▸ **Assignment**
Take the line containing "later (w'', err" and every line after it in the data below, and print them exactly as given, with nothing else.

▸ **Data to examine**
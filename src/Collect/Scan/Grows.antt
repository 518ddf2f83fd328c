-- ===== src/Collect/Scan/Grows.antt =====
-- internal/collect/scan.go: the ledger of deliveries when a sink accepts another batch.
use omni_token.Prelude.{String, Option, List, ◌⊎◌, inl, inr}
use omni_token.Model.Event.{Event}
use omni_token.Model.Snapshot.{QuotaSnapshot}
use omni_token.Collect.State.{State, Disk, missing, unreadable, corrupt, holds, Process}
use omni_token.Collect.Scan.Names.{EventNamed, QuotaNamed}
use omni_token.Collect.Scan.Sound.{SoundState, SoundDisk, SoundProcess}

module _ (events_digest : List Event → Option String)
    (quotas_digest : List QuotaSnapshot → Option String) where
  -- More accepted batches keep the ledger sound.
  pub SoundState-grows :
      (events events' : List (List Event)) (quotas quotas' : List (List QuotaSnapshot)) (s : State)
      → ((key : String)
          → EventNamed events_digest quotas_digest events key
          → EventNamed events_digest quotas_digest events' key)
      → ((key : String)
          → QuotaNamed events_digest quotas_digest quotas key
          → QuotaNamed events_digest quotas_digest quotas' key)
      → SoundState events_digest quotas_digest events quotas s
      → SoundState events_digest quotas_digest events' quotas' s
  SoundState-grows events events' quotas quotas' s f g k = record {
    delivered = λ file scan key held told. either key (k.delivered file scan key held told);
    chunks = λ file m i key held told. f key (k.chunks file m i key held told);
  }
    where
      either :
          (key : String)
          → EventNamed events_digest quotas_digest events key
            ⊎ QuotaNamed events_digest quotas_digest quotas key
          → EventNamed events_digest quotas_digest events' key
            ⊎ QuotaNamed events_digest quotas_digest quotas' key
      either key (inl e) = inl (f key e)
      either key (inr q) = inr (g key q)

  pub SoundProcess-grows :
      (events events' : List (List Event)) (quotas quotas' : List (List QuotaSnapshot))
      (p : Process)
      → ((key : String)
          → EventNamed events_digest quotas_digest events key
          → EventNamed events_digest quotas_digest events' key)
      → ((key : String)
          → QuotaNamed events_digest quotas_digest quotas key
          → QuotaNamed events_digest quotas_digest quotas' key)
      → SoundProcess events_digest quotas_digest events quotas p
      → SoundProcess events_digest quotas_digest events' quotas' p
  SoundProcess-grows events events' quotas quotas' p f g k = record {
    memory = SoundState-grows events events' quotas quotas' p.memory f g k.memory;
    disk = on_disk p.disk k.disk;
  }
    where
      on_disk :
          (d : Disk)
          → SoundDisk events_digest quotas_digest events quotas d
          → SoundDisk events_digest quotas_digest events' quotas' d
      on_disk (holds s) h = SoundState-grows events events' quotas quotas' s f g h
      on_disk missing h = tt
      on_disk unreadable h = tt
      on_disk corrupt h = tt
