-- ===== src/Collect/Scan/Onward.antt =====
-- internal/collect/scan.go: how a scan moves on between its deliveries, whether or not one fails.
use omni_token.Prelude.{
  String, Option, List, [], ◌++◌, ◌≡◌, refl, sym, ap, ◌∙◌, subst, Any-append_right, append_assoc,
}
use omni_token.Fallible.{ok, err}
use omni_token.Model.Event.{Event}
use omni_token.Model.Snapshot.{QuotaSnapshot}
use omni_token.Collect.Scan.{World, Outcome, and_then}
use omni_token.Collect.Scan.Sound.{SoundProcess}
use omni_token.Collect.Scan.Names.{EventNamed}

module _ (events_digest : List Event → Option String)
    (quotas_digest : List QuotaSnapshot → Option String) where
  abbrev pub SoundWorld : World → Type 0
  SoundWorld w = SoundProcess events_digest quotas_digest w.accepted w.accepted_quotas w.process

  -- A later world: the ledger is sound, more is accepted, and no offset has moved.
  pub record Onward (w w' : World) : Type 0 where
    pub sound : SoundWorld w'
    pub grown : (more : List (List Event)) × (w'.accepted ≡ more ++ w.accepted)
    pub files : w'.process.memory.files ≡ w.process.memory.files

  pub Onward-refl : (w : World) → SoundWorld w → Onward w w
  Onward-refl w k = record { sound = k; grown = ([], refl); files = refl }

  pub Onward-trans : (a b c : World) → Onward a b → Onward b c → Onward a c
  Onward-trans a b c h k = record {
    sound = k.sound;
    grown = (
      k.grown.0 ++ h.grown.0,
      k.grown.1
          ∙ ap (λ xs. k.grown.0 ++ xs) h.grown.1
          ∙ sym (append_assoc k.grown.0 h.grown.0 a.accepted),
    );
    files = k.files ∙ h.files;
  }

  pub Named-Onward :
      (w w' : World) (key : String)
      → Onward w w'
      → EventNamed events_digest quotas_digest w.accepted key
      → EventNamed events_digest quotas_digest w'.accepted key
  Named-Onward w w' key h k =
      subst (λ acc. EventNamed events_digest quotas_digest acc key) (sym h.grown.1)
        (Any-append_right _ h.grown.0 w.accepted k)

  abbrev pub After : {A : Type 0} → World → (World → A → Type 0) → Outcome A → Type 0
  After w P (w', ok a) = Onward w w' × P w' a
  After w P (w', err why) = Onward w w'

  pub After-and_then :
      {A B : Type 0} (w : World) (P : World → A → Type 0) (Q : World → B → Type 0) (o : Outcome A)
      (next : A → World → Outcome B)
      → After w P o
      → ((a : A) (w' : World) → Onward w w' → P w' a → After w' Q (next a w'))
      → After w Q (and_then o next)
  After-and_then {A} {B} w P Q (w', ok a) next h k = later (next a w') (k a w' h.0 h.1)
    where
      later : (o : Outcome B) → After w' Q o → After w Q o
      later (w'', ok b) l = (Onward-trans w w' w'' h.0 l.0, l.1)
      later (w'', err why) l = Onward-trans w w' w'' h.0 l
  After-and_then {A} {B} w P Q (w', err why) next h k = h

▸ **Result of the task**
      later (w'', err why) l = Onward-trans w w' w'' h.0 l
  After-and_then {A} {B} w P Q (w', err why) next h k = h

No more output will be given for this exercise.